Animation, Character Setup, and Deformers

Keyframe Animation
Nonlinear Animation
After animating a character with keyframes or motion capture, you can collect its animation data into a single, editable sequence. This animation sequence is called an animation clip.
In Maya, there are two types of clip: source clips and regular clips. Maya preserves and protects a character's original animation curves by storing them in source clips. You do not use source clips to animate your characters. Instead, you use copies or instances of source clips called regular clips to animate your characters nonlinearly. See Animation clips.
Moving, manipulating, and blending regular clips to produce a smooth series of motions for a character is the basis of nonlinear animation. The tool with which you manage all these aspects of a character's nonlinear animation is the Trax Editor.
Path Animation
A path animation controls the position and rotation of an object along a curve. A NURBS curve cannot be designated as a motion path. An object must first be attached to the curve for it to become a path curve. See To create a motion path by attaching an object to a curve. You can also generate motion paths by animating objects using motion path keys. See To create a motion path using motion path keys.
Motion Capture Animation
Skeletons
Skeletons are hierarchical, articulated structures that let you pose and animate bound models. A skeleton provides a deformable model with the same underlying structure as the human skeleton gives the human body.
Just like in the human body, the location of joints and the number of joints you add to a skeleton determine how the skeleton's bound model or `body' moves. When you bind a model to a skeleton, it is called skinning.
Forward Kinematics
Forward Kinematics is an animation method that involves moving each joint without the restriction of an expected final position. Thus, the 'goal' is to move a joint (or series of joints) as desired, and the final pose is a consequence of those movements. Forward Kinematics is often used for finely-tuned joint movement (such as hands & fingers), as it allows for more complete control over posing.
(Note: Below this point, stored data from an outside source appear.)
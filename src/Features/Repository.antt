-- ===== src/Features/Repository.antt =====
-- src/features/persistence: the two tables of flags, and the SQL of `FeaturePgRepository`.
-- A query may fail in the database; `fails` says which do.
pub mod Order
pub mod Rows
pub mod Tests
use egras.Prelude.{
  ℕ, String, Bool, true, false, ◌&&◌, Option, none, some, List, [], ◌∷◌, filter, find, contains,
  any, Result, ok, err, ◌>>=◌, ◌==◌, String_eq, ℕ_eq, if◌then◌else◌, not, ok_or,
}
use egras.Json.{Value}
use egras.Features.Model.{FeatureDefinition, OrgFeatureOverride, try_from_str}

pub data FeatureRepoError : Type 0 where
  unknown_slug other : FeatureRepoError

-- A row of `feature_definitions`.
pub record DefinitionRow : Type 0 where
  pub slug : String
  pub value_type : String
  pub default_value : Value
  pub description : String
  pub self_service : Bool

-- The tables, and the ids that the foreign keys of `organisation_features` refer to.
pub record Db : Type 0 where
  pub definitions : List DefinitionRow
  pub overrides : List OrgFeatureOverride
  pub organisations : List ℕ
  pub users : List ℕ

pub data Query : Type 0 where
  list_definitions_query : Query
  get_definition_query : String → Query
  list_overrides_query : ℕ → Query
  get_override_query upsert_query delete_query : ℕ → String → Query

abbrev pub of_row : DefinitionRow → Result FeatureRepoError FeatureDefinition
of_row r = elim (try_from_str r.value_type) [
  | none ↦ err other
  | some t ↦ ok (record {
    slug = r.slug;
    value_type = t;
    default_value = r.default_value;
    description = r.description;
    self_service = r.self_service;
  })
]

-- The row of `feature_definitions` under a slug.
unfoldable pub definition_row : String → List DefinitionRow → Option DefinitionRow
definition_row slug rows = find (λ r. r.slug == slug) rows

abbrev pub is_key : ℕ → String → OrgFeatureOverride → Bool
is_key org slug r = r.organisation_id == org && r.slug == slug

unfoldable pub override_row : ℕ → String → List OrgFeatureOverride → Option OrgFeatureOverride
override_row org slug [] = none
override_row org slug (r ∷ rows) = if is_key org slug r then some r else override_row org slug rows

-- `INSERT … ON CONFLICT (organisation_id, slug) DO UPDATE`
pub upsert_row : OrgFeatureOverride → List OrgFeatureOverride → List OrgFeatureOverride
upsert_row new [] = new ∷ []
upsert_row new (r ∷ rows) =
    if is_key new.organisation_id new.slug r then new ∷ rows else r ∷ upsert_row new rows

pub delete_rows : ℕ → String → List OrgFeatureOverride → List OrgFeatureOverride
delete_rows org slug [] = []
delete_rows org slug (r ∷ rows) =
    let rest = delete_rows org slug rows in if is_key org slug r then rest else r ∷ rest

abbrev value_of : Option OrgFeatureOverride → Option Value
value_of none = none
value_of (some r) = some r.value

-- `.map(try_from).collect()`
of_rows : List DefinitionRow → Result FeatureRepoError (List FeatureDefinition)
of_rows [] = ok []
of_rows (r ∷ rows) = do d ← of_row r; ds ← of_rows rows; ok (d ∷ ds)

-- `ORDER BY slug ASC`: `before` is the order of the database's collation.
module _ {ℓ} {R : Type ℓ} (before : String → String → Bool) (slug_of : R → String) where
  insert_by_slug : R → List R → List R
  insert_by_slug r [] = r ∷ []
  insert_by_slug r (s ∷ rows) =
      if before (slug_of s) (slug_of r) then s ∷ insert_by_slug r rows else r ∷ s ∷ rows

  order_by_slug : List R → List R
  unfolding insert_by_slug
  order_by_slug [] = []
  order_by_slug (r ∷ rows) = insert_by_slug r (order_by_slug rows)

module _ (fails : Query → Bool) where
  pub list_definitions :
      (String → String → Bool) → Db → Result FeatureRepoError (List FeatureDefinition)
  unfolding of_rows order_by_slug
  list_definitions before db =
      if fails list_definitions_query
      then err other
      else of_rows (order_by_slug before (λ r. r.slug) db.definitions)

  unfoldable pub get_definition : String → Db → Result FeatureRepoError (Option FeatureDefinition)
  get_definition slug db =
      if fails (get_definition_query slug)
      then err other
      else elim (definition_row slug db.definitions) [
        | none ↦ ok none
        | some r ↦ do d ← of_row r; ok (some d)
      ]

  pub list_overrides_for_org :
      (String → String → Bool) → ℕ → Db → Result FeatureRepoError (List OrgFeatureOverride)
  unfolding order_by_slug
  list_overrides_for_org before org db =
      if fails (list_overrides_query org)
      then err other
      else ok
          (order_by_slug before (λ r. r.slug) (filter (λ r. r.organisation_id == org) db.overrides))

  unfoldable pub get_override :
      ℕ → String → Db → Result FeatureRepoError (Option OrgFeatureOverride)
  get_override org slug db =
      if fails (get_override_query org slug)
      then err other
      else ok (override_row org slug db.overrides)

  -- The foreign keys are checked in the order of the table's declaration; only that on `slug` is
  -- told apart (`map_slug_fk_error`). `now` is the database's clock.
  unfoldable pub upsert_override :
      ℕ → ℕ → String → Value → ℕ → Db → Result FeatureRepoError (Option Value × Db)
  upsert_override now org slug value updated_by db =
      if fails (upsert_query org slug)
      then err other
      else if not (contains db.organisations org)
      then err other
      else if not (any (λ r. r.slug == slug) db.definitions)
      then err unknown_slug
      else if not (contains db.users updated_by)
      then err other
      else let row : OrgFeatureOverride = record {
        organisation_id = org;
        slug = slug;
        value = value;
        updated_at = now;
        updated_by = updated_by;
      } in
        ok (
          value_of (override_row org slug db.overrides),
          record db { overrides = upsert_row row db.overrides },
        )

  unfoldable pub delete_override : ℕ → String → Db → Result FeatureRepoError (Option Value × Db)
  delete_override org slug db =
      if fails (delete_query org slug)
      then err other
      else ok (
        value_of (override_row org slug db.overrides),
        record db { overrides = delete_rows org slug db.overrides },
      )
For more information, see Forward kinematic animation.
Inverse Kinematics
The reverse of Forward Kinematics, Inverse Kinematics is a method that involves defining a final pose, and generating joint movement as needed to reach that pose. Thus, the 'goal' is for all joints to be in a final pose, and the individual joint movements are a consequence of getting to that final pose. Joints must have carefully defined limits to their possible motion for Inverse Kinematics to work well, or the joints can end up 'flopping' before reaching the goal pose. Inverse Kinematics is often used for large limb movement (such as walking, reaching, etc.). For more information, see Inverse kinematic animation.
Full Body IK Solver
When Alias bought Kaydara, Maya got an upgrade, from Kaydara Motion Builder, with a full body IK solver (FBIK Solver) which simulates real body kinematics. The package comes with a biped and a quadruped FBIK samples.
Skinning
Skinning is the process of setting up a character's model so that it can be deformed by a skeleton. For more information on skeletons, see What are skeletons?. You skin a model by binding a skeleton to the model. You can bind a model to a skeleton by a variety of skinning methods, including smooth skinning and rigid skinning. Smooth skinning and rigid skinning are direct skinning methods. You can also use indirect skinning methods, which combine the use of lattice or wrap deformers with either smooth or rigid skinning.
Constraints
Constraints enable you to constrain the position, orientation, or scale of an object to other objects. Further, with constraints you can impose specific limits on objects and automate animation processes.
Character Sets
In Maya, a character set is a node that brings together into a set all the attributes of any collection of objects that you want to animate together. The character set could be anything: a well-armed robot, an automobile, or even some seemingly unrelated collection of objects. Maya enables you to bring together all the attributes together in a character node, so you only have to select one node, the character node, when you want to animate all the various attributes.
Deformers
deformers are high-level tools that you can use to manipulate (when modeling) or drive (when animating) the low-level components of a target geometry. In other software packages, the terms modifiers and space warps are used to refer to what Maya calls deformers. The following are the many types of deformers: Blend Shape deformer, Lattice deformer, Cluster deformer, Nonlinear deformers, Sculpt deformer, Soft Modification deformer, Jiggle deformer, Wire deformer, Wrinkle deformer, Wrap deformer, Point On Curve deformer.

Dynamics and Simulation

Particles
Particles are points that display as dots, streaks, spheres, blobby surfaces, or other items. You can animate the display and movement of particles with various techniques; for example, keys, expressions, and fields such as gravity. Effective for smoke, water droplets etc.
Fields
the motion of natural forces can be simulated with dynamic fields. For example, you can connect a vortex field to emitted particles to create swirling motion.
Soft Body Simulation
You can recreate a geometric object as a flexible object called a soft body. You can use various animation techniques to make the soft body bend, ripple, and bulge like soft objects in nature.
Rigid Body Simulation
A rigid body is a polygonal or NURBS surface converted to an unyielding shape. Unlike conventional surfaces, rigid bodies collide rather than pass through each other during animation. To animate rigid body motion, you use fields, keys, expressions, rigid body constraints, or collisions with particles.
Effects
Maya effects are built-in programs that make it easy for you to create complex animation effects such as smoke and fire. Each Maya effect offers many options and attributes for tuning the results.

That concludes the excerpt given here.